• [PROBLEM TO WORK ON]
Repeat exactly the lines below that lie between the line with "abbrev insert_text : String" and the line with "(if not (ref.namespace", counting both of those lines as part of the answer.

START AVAILABLE DATA

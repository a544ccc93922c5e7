-- ===== src/Tracker/Methods.antt =====
-- The methods of the tracker (tracker/enqueue.go).
use Prim.Native.String.{◌++◌ as str_append}
use reconciler_runtime.Base.{
  ◌+◌, Bool, true, false, not, ◌&&◌, Option, none, some, List, [], ◌∷◌, ◌++◌, map, String, ◌==◌,
  ltb, is_some, if◌then◌else◌,
}
use reconciler_runtime.Base.Map.{Map, lookup, insert, erase, add}
use reconciler_runtime.Base.Text.{str_lt}
use reconciler_runtime.Errors.{Error, errorf}
use reconciler_runtime.Tracker.{
  Time, NamespacedName, Returned, ok, err, External, ReferenceKey, MatcherKey, name_key,
  matcher_key, reference_key, ExactSet, Matcher, Matchers, InexactSet, Reference, Impl,
}

-- `sort.Strings`
abbrev insert_text : String → List String → List String
insert_text s [] = s ∷ []
insert_text s (t ∷ ts) = if str_lt t s then t ∷ insert_text s ts else s ∷ t ∷ ts

abbrev pub sort_strings : List String → List String
sort_strings [] = []
sort_strings (s ∷ ts) = insert_text s (sort_strings ts)

-- `fmt.Sprintf("%s: %s", k, msg)`, for each message of a field
abbrev pub labelled : String → List String → List String
labelled k msgs = map (λ msg. str_append k (str_append ": " msg)) msgs

abbrev pub or_empty : {A : Type 0} → Option A → A → A
or_empty none d = d
or_empty (some a) d = a

abbrev pub after : Time → Time → Bool
after now expiry = ltb expiry now

-- A map is stored back, or its key is deleted when nothing is left of it.
abbrev pub store_left :
    {V : Type 0} → ReferenceKey → List V → Map ReferenceKey (List V) → Map ReferenceKey (List V)
store_left ref [] m = erase ref m
store_left ref (x ∷ xs) m = insert ref (x ∷ xs) m

module _ (ext : External) where
  open ext use {
    Object, Labels, Selector, get_namespace, get_name, get_labels, get_reference, group_of,
    parse_group_version, is_c_identifier, is_dns1123_subdomain, is_dns1123_label, selector_text,
    selector_matches,
  }

  -- The field errors of `TrackReference`, which are sorted before they are returned.
  unfoldable pub field_errors : Reference Selector → List String
  field_errors ref =
      (labelled "Kind" (is_c_identifier ref.kind)
        ++ (if not (ref.api_group == "")
            then labelled "APIGroup" (is_dns1123_subdomain ref.api_group)
            else [])
        ++ (if not (ref.namespace == "")
            then labelled "Namespace" (is_dns1123_label ref.namespace)
            else []))
      ++ (if is_some ref.selector && not (ref.name == "")
          then "cannot provide both Name and Selector" ∷ []
          else if not (ref.name == "")
          then labelled "Name" (is_dns1123_subdomain ref.name)
          else if is_some ref.selector
          then []
          else "must provide either Name or Selector" ∷ [])

  abbrev pub exact_key : Reference Selector → ReferenceKey
  exact_key ref = record {
    api_group = ref.api_group;
    kind = ref.kind;
    namespace = ref.namespace;
    name = ref.name;
  }

  -- `partialRef`: the namespace and the selector are in the matcher.
  abbrev pub partial_key : String → String → ReferenceKey
  partial_key api_group kind = record {
    api_group = api_group;
    kind = kind;
    namespace = "";
    name = "";
  }

  abbrev pub observer_key : Object → NamespacedName
  observer_key obj = record { namespace = get_namespace obj; name = get_name obj }

  -- `TrackReference`, at the time `now`.
  unfoldable pub track_reference :
      Time → Reference Selector → Object → Impl Selector → Impl Selector × Option Error
  unfolding field_errors
  track_reference now ref obj i = elim (field_errors ref) [
    | e ∷ es ↦ (i, some (errorf "invalid Reference:\n%s" (sort_strings (e ∷ es))))
    | [] ↦
        let key = observer_key obj in
        elim ref.selector [
          | none ↦
              let l = or_empty (lookup (exact_key ref) i.exact) [] in
              let l' = insert key (now + i.lease_duration) l in
              (record i { exact = insert (exact_key ref) l' i.exact }, none)
          | some selector ↦
              let partial_ref = partial_key ref.api_group ref.kind in
              let is = or_empty (lookup partial_ref i.inexact) [] in
              let m = or_empty (lookup key is) [] in
              let k : MatcherKey = record {
                selector = selector_text selector;
                namespace = ref.namespace;
              } in
              let m' =
                insert k (record { selector = selector; expiry = now + i.lease_duration }) m in
              (record i { inexact = insert partial_ref (insert key m' is) i.inexact }, none)
        ]
  ]

  -- `TrackObject`
  unfoldable pub track_object :
      Time → Object → Object → Impl Selector → Impl Selector × Option Error
  unfolding track_reference
  track_object now ref obj i = elim (get_reference ref) [
    | err e ↦ (i, some e)
    | ok or ↦
        track_reference now
          (record {
            api_group = group_of or.api_version;
            kind = or.kind;
            namespace = or.namespace;
            name = or.name;
            selector = none;
          })
          obj i
  ]

  -- The loop over the exact matches: the keys that are left, and the observers.
  unfoldable pub observe_exact :
      Time → ExactSet → List NamespacedName → ExactSet × List NamespacedName
  observe_exact now [] keys = ([], keys)
  observe_exact now ((key, expiry) ∷ s) keys = elim (after now expiry) [
    | true ↦ observe_exact now s keys
    | false ↦ let (s', keys') = observe_exact now s (add key keys) in ((key, expiry) ∷ s', keys')
  ]

  -- May the matcher's namespace and selector match?
  abbrev pub admits : String → Labels → MatcherKey → Matcher Selector → Bool
  admits namespace ls k m =
      not (not (k.namespace == "") && not (k.namespace == namespace))
      && selector_matches m.selector ls

  -- The loop over the matchers of one observer.
  unfoldable pub observe_matchers :
      Time
      → String
      → Labels
      → NamespacedName
      → Matchers Selector
      → List NamespacedName
      → Matchers Selector × List NamespacedName
  observe_matchers now namespace ls key [] keys = ([], keys)
  observe_matchers now namespace ls key ((k, m) ∷ ms) keys = elim (after now m.expiry) [
    | true ↦ observe_matchers now namespace ls key ms keys
    | false ↦
        let keys' = if admits namespace ls k m then add key keys else keys in
        let (ms', keys'') = observe_matchers now namespace ls key ms keys' in ((k, m) ∷ ms', keys'')
  ]

  -- An observer with no matcher left is deleted.
  abbrev pub keep_left :
      NamespacedName → Matchers Selector → InexactSet Selector → InexactSet Selector
  keep_left key [] is = is
  keep_left key (x ∷ ms) is = (key, x ∷ ms) ∷ is

  -- The loop over the inexact matches.
  unfoldable pub observe_inexact :
      Time
      → String
      → Labels
      → InexactSet Selector
      → List NamespacedName
      → InexactSet Selector × List NamespacedName
  unfolding observe_matchers
  observe_inexact now namespace ls [] keys = ([], keys)
  observe_inexact now namespace ls ((key, ms) ∷ is) keys =
      let (ms', keys') = observe_matchers now namespace ls key ms keys in
      let (is', keys'') = observe_inexact now namespace ls is keys' in
      (keep_left key ms' is', keys'')

  unfoldable pub exact_observers :
      Time
      → ReferenceKey
      → Map ReferenceKey ExactSet
      → Map ReferenceKey ExactSet × List NamespacedName
  unfolding observe_exact
  exact_observers now ref exact = elim (lookup ref exact) [
    | none ↦ (exact, [])
    | some s ↦ let (s', keys) = observe_exact now s [] in (store_left ref s' exact, keys)
  ]

  unfoldable pub inexact_observers :
      Time
      → ReferenceKey
      → String
      → Labels
      → Map ReferenceKey (InexactSet Selector)
      → List NamespacedName
      → Map ReferenceKey (InexactSet Selector) × List NamespacedName
  unfolding observe_inexact
  inexact_observers now ref namespace ls inexact keys = elim (lookup ref inexact) [
    | none ↦ (inexact, keys)
    | some is ↦
        let (is', keys') = observe_inexact now namespace ls is keys in
        (store_left ref is' inexact, keys')
  ]

  -- `GetObservers`, at the time `now`.
  unfoldable pub get_observers :
      Time → Object → Impl Selector → Impl Selector × Returned (List NamespacedName)
  unfolding exact_observers inexact_observers
  get_observers now obj i = elim (get_reference obj) [
    | err e ↦ (i, err e)
    | ok or ↦ elim (parse_group_version or.api_version) [
      | err e ↦ (i, err e)
      | ok group ↦
          let ref : ReferenceKey = record {
            api_group = group;
            kind = or.kind;
            namespace = or.namespace;
            name = or.name;
          } in
          let (exact, keys) = exact_observers now ref i.exact in
          let (inexact, keys') =
            inexact_observers now (partial_key group or.kind) (get_namespace obj) (get_labels obj)
              i.inexact keys in
          (record i { exact = exact; inexact = inexact }, ok keys')
    ]
  ]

END AVAILABLE DATA

• [SOLUTION TO THE PROBLEM]
abbrev insert_text : String → List String → List String
insert_text s [] = s ∷ []
insert_text s (t ∷ ts) = if str_lt t s then t ∷ insert_text s ts else s ∷ t ∷ ts

abbrev pub sort_strings : List String → List String
sort_strings [] = []
sort_strings (s ∷ ts) = insert_text s (sort_strings ts)

-- `fmt.Sprintf("%s: %s", k, msg)`, for each message of a field
abbrev pub labelled : String → List String → List String
labelled k msgs = map (λ msg. str_append k (str_append ": " msg)) msgs

abbrev pub or_empty : {A : Type 0} → Option A → A → A
or_empty none d = d
or_empty (some a) d = a

abbrev pub after : Time → Time → Bool
after now expiry = ltb expiry now

-- A map is stored back, or its key is deleted when nothing is left of it.
abbrev pub store_left :
    {V : Type 0} → ReferenceKey → List V → Map ReferenceKey (List V) → Map ReferenceKey (List V)
store_left ref [] m = erase ref m
store_left ref (x ∷ xs) m = insert ref (x ∷ xs) m

module _ (ext : External) where
  open ext use {
    Object, Labels, Selector, get_namespace, get_name, get_labels, get_reference, group_of,
    parse_group_version, is_c_identifier, is_dns1123_subdomain, is_dns1123_label, selector_text,
    selector_matches,
  }

  -- The field errors of `TrackReference`, which are sorted before they are returned.
  unfoldable pub field_errors : Reference Selector → List String
  field_errors ref =
      (labelled "Kind" (is_c_identifier ref.kind)
        ++ (if not (ref.api_group == "")
            then labelled "APIGroup" (is_dns1123_subdomain ref.api_group)
            else [])
        ++ (if not (ref.namespace == "")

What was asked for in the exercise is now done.